It is safe to assume that Australian agriculture will always ride on export-orientated commodity food production. The mathematics of producing food enough for 60 million in a country of 21 million says so.
At the same time, it would be a mistake for agricultural policy to be only geared for this outcome. The possibilities of small-scale, high-quality food and fibre production are large: greater diversification of land use, more return per hectare, more people on the land, more jobs, a broader base for agricultural produce.
All these tantalising prospects were on show at Terra Madre, the Slow Food gathering of small producers and those who use their products, and the associated food exhibition Salone del Gusto - a display of food and production prowess that really earned the accolade of “awesome”.
Salami from pigs that free-range in a certain forest; oysters from a bay in Scotland; cheeses produced from a few hectares of a special mountain pasture; coffee harvested wild from Ethiopian forests. The Salone shows that there are more ways to produce food, in more places, than most of us have ever thought of.
Australia could seize this concept of small-scale “artisan” production and make it a part of its landscapes. We are uniquely endowed with micro-climates, from alpine to desert to tropics, and with technical know-how.
We don’t have the traditions that have incrementally shaped the foods of older countries over centuries, but as we have shown with wine and cheese, that doesn’t have to be an impediment. We can take the best of the old and create the best of the new.
But this concept falls apart under the notion of free trade. Australia’s faithfulness to the principles of free trade have served it well in commodity food production - despite the faithlessness of others’ interpretation of free trade - but the concept of trading on price alone can’t build communities of small scale farmers.
With our farm sector haemorrhaging under a range of issues - food and currency price swings, climatic challenges, an ageing farmer population and unfair “free trade” - it’s a good time for Australia to think about how it builds a diverse, resilient domestic food system that adheres to the Slow Food principles of “good, clean and fair”.
One challenge would be re-educating Australian consumers about value, especially when it comes to “good” and “fair”.
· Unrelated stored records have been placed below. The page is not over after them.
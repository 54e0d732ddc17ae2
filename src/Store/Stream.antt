-- ===== src/Store/Stream.antt =====
-- The events of src/run_farm/store.py, read back from a MemoryBlobStore.
use Prim.Native.String.{compare, ◌++◌ as appended}
use package.text.Mathlib.Text.{starts_with, is_lt}
use text.Mathlib.TextEquality.{starts_with_iff}
use mathlib.Core.List.{append-nil}
use run_farm.Prelude.{
  ◌≡◌, refl, ◌∙◌, ap, sym, inl, inr, Bool-cases, String, true, false, List, [], ◌∷◌, ◌++◌, Dict,
  lookup, insert, has, lookup-insert, ◌==◌, string_eq, beq_refl, any, all, any-sorted, sorted,
  sorted-append, if◌then◌else◌, arith,
}
use run_farm.Json.{Value}
use run_farm.Config.{Config}
use run_farm.Store.{Blob, event_blob, events_prefix, event_key, emit, events, read_blobs}
use run_farm.Store.Memory.{memory_store, list_keys, list_all}

module _ {B : Type 0} where
  list_keys-insert :
      (k p : String) (b : B) (d : Dict String B)
      → list_keys (insert k b d) p ≡ (
          if has k d
          then list_keys d p
          else list_keys d p ++ (if starts_with k p then k ∷ [] else []))
  unfolding list_keys insert has lookup
  list_keys-insert k p b [] = ground arith
  list_keys-insert k p b ((j, c) ∷ d) =
      ground (arith, list_keys-insert k p b d, string_eq.beq_iff j k)

-- A text that is later than all of them is none of them.
later_differs :
    (k : String) (ks : List String)
    → all (λ j. is_lt (compare j k)) ks ≡ true
    → any (λ j. j == k) ks ≡ false
later_differs k [] h = refl
later_differs k (j ∷ ks) h = ground (arith, later_differs k ks)

event_key_starts :
    (base name blob_key : String)
    → starts_with (event_key base name blob_key) (events_prefix base name) ≡ true
unfolding event_key
event_key_starts base name blob_key =
    (starts_with_iff (event_key base name blob_key) (events_prefix base name)).1
      (appended blob_key ".json", refl)

module _ {S : Type 0} where
  read_blobs-other :
      (k : String) (b : Blob S) (d : Dict String (Blob S)) (ks : List String)
      → any (λ j. j == k) ks ≡ false
      → read_blobs (memory_store (Blob S)) (insert k b d) ks
        ≡ read_blobs (memory_store (Blob S)) d ks
  unfolding read_blobs
  read_blobs-other k b d [] h = refl
  read_blobs-other k b d (j ∷ ks) h = ground (
    arith,
    lookup-insert k j b d,
    string_eq.beq_iff j k,
    string_eq.beq_iff k j,
    read_blobs-other k b d ks,
  )

  read_blobs-append :
      (d : Dict String (Blob S)) (xs ys : List String)
      → read_blobs (memory_store (Blob S)) d (xs ++ ys)
        ≡ read_blobs (memory_store (Blob S)) d xs ++ read_blobs (memory_store (Blob S)) d ys
  unfolding read_blobs
  read_blobs-append d [] ys = refl
  read_blobs-append d (j ∷ xs) ys = ground (arith, read_blobs-append d xs ys)

  read_last :
      (k : String) (b : Blob S) (d : Dict String (Blob S))
      → read_blobs (memory_store (Blob S)) (insert k b d) (k ∷ []) ≡ b ∷ []
  unfolding read_blobs
  read_last k b d = ground (arith, lookup-insert k k b d, beq_refl k)

  read_sorted-insert :
      (k p : String) (b : Blob S) (d : Dict String (Blob S))
      → (starts_with k p ≡ true → all (λ j. is_lt (compare j k)) (list_keys d p) ≡ true)
      → read_blobs (memory_store (Blob S)) (insert k b d) (sorted (list_keys (insert k b d) p))
        ≡ read_blobs (memory_store (Blob S)) d (sorted (list_keys d p))
          ++ (if starts_with k p then b ∷ [] else [])
  read_sorted-insert k p b d later = elim (Bool-cases (starts_with k p)) [
    | inl own ↦
        (let fresh = later_differs k (list_keys d p) (later own) in
          let old =
            read_blobs-other k b d (sorted (list_keys d p))
              (any-sorted (λ j. j == k) (list_keys d p) ∙ fresh) in
          let absent : has k d ≡ false = ground (arith, list_all d p k) in
          rw (list_keys-insert k p b d) (
            rw absent (
              rw own (
                rw (sorted-append k (list_keys d p) (later own)) (
                  read_blobs-append (insert k b d) (sorted (list_keys d p)) (k ∷ [])
                  ∙ ap (λ r. r ++ read_blobs (memory_store (Blob S)) (insert k b d) (k ∷ [])) old
                  ∙ ap (λ r. read_blobs (memory_store (Blob S)) d (sorted (list_keys d p)) ++ r)
                      (read_last k b d))))))
    | inr foreign ↦
        (let fresh : any (λ j. j == k) (list_keys d p) ≡ false = ground (arith, list_all d p k) in
          let old =
            read_blobs-other k b d (sorted (list_keys d p))
              (any-sorted (λ j. j == k) (list_keys d p) ∙ fresh) in
          let same : list_keys (insert k b d) p ≡ list_keys d p =
            ground (arith, list_keys-insert k p b d, append-nil (list_keys d p)) in
          rw same (
            rw foreign (
              old
              ∙ sym (append-nil (read_blobs (memory_store (Blob S)) d (sorted (list_keys d p)))))))
  ]

  -- Over a MemoryBlobStore, the events of a run are read, after an event is emitted, as before with the event put
  -- last if its key has the run's prefix, and as before if not. The key of an event always has the prefix of its
  -- own run. The hypothesis: where the key has the prefix that is read, it is later than each key read there; of
  -- streams with another prefix nothing is assumed.
  pub events-emit :
      (base blob_key name : String) (d : Dict String (Blob S)) (c : Config) (v : Value)
      → (starts_with (event_key base c.run_name blob_key) (events_prefix base name) ≡ true
          → all
              (λ j. is_lt (compare j (event_key base c.run_name blob_key)))
              (list_keys d (events_prefix base name))
            ≡ true)
      → (events (memory_store (Blob S)) base (emit (memory_store (Blob S)) base blob_key d c v) name
          ≡ events (memory_store (Blob S)) base d name
            ++ (if starts_with (event_key base c.run_name blob_key) (events_prefix base name)
                then event_blob v ∷ []
                else []))
        × (starts_with (event_key base c.run_name blob_key) (events_prefix base c.run_name) ≡ true)
  unfolding events emit
  events-emit base blob_key name d c v later = (
    read_sorted-insert (event_key base c.run_name blob_key) (events_prefix base name) (event_blob v)
        d later,
    event_key_starts base c.run_name blob_key,
  )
But the biggest issue would be confronting a trading system that allows - to take one instance - inferior bleached Chinese garlic to dominate our supermarket shelves when we are capable of producing outstanding garlic ourselves. And to allow local production to flourish in a way that doesn’t harm our international markets for meat, milk, grain and wool.
It would be a tightrope act, but necessary, if we take the Slow Food approach and consider food production not just as another contributor to GDP, but as a driver of environmental and social as well as economic outcomes.
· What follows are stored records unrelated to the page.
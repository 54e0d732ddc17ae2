-- ===== src/Examples/StoreRuns.antt =====
-- Two runs of one campaign in a MemoryBlobStore of src/run_farm/store.py.
use package.text.Mathlib.Text.{starts_with}
use run_farm.Prelude.{
  ℕ, ◌≡◌, refl, String, true, [], ◌∷◌, Dict, lookup, insert, has, string_eq, sorted,
}
use run_farm.Json.{null, text}
use run_farm.Config.{Config}
use run_farm.Store.{
  Blob, config_blob, manifest_blob, event_blob, key, manifest_key, events_prefix, event_key,
  register, emit, events,
}
use run_farm.Store.Memory.{memory_store, memory_store-IsBlobStore, list_keys}
use run_farm.Store.Contract.{IsClear, KeepsContract, object_registry-KeepsContract}
use run_farm.Store.Stream.{events-emit}

abbrev config : String → Config
config name = record { config_hash = name; run_name = name; json = null; rid = name }

abbrev blobs : Dict String (Blob ℕ)
blobs = ("runs/b/events/0002-f0.json", event_blob null) ∷ []

registered_run :
    register (memory_store (Blob ℕ)) "runs" [] (config "a")
    ≡ ("runs/a/config.json", config_blob null)
      ∷ ("runs/_manifest/a.json", manifest_blob "a" null)
      ∷ []
unfolding register has lookup insert key manifest_key
registered_run = refl

clear : IsClear "runs" (config "a") (config "b")
unfolding manifest_key key
clear = record { no_config = refl; no_done = refl; no_checkpoint = refl }

object_registry-KeepsContract_example :
    KeepsContract (memory_store (Blob ℕ)) "runs" blobs (config "a") (config "b")
object_registry-KeepsContract_example =
    object_registry-KeepsContract (memory_store (Blob ℕ)) (memory_store-IsBlobStore (Blob ℕ)) "runs"
      blobs (config "a") (config "b") clear

events-emit_example :
    (events
        (memory_store (Blob ℕ))
        "runs"
        (emit (memory_store (Blob ℕ)) "runs" "0003-a1" blobs (config "b") (text "x"))
        "b"
      ≡ event_blob null ∷ event_blob (text "x") ∷ [])
    × (starts_with (event_key "runs" "b" "0003-a1") (events_prefix "runs" "b") ≡ true)
unfolding events event_key events_prefix list_keys sorted lookup
events-emit_example = events-emit "runs" "0003-a1" "b" blobs (config "b") (text "x") (λ own. refl)

-- The run "b" is read as before when "a" emits, though every key of "b" is later than the new one.
foreign_run :
    events
      (memory_store (Blob ℕ))
      "runs"
      (emit (memory_store (Blob ℕ)) "runs" "0003-a1" blobs (config "a") (text "x"))
      "b"
    ≡ event_blob null ∷ []
unfolding events emit event_key events_prefix list_keys sorted lookup insert
    run_farm.Store.read_blobs
foreign_run = refl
Australia needs two food production systems: one that operates on the international market, and is built around economies of scale; and a purely domestic system that is protected from globalised economics and built to serve the health and welfare of Australians and our environment.
Naive? Maybe. But the economic, ecological and social trend lines associated with our current agricultural systems suggest that we need a good, clean and fair alternative.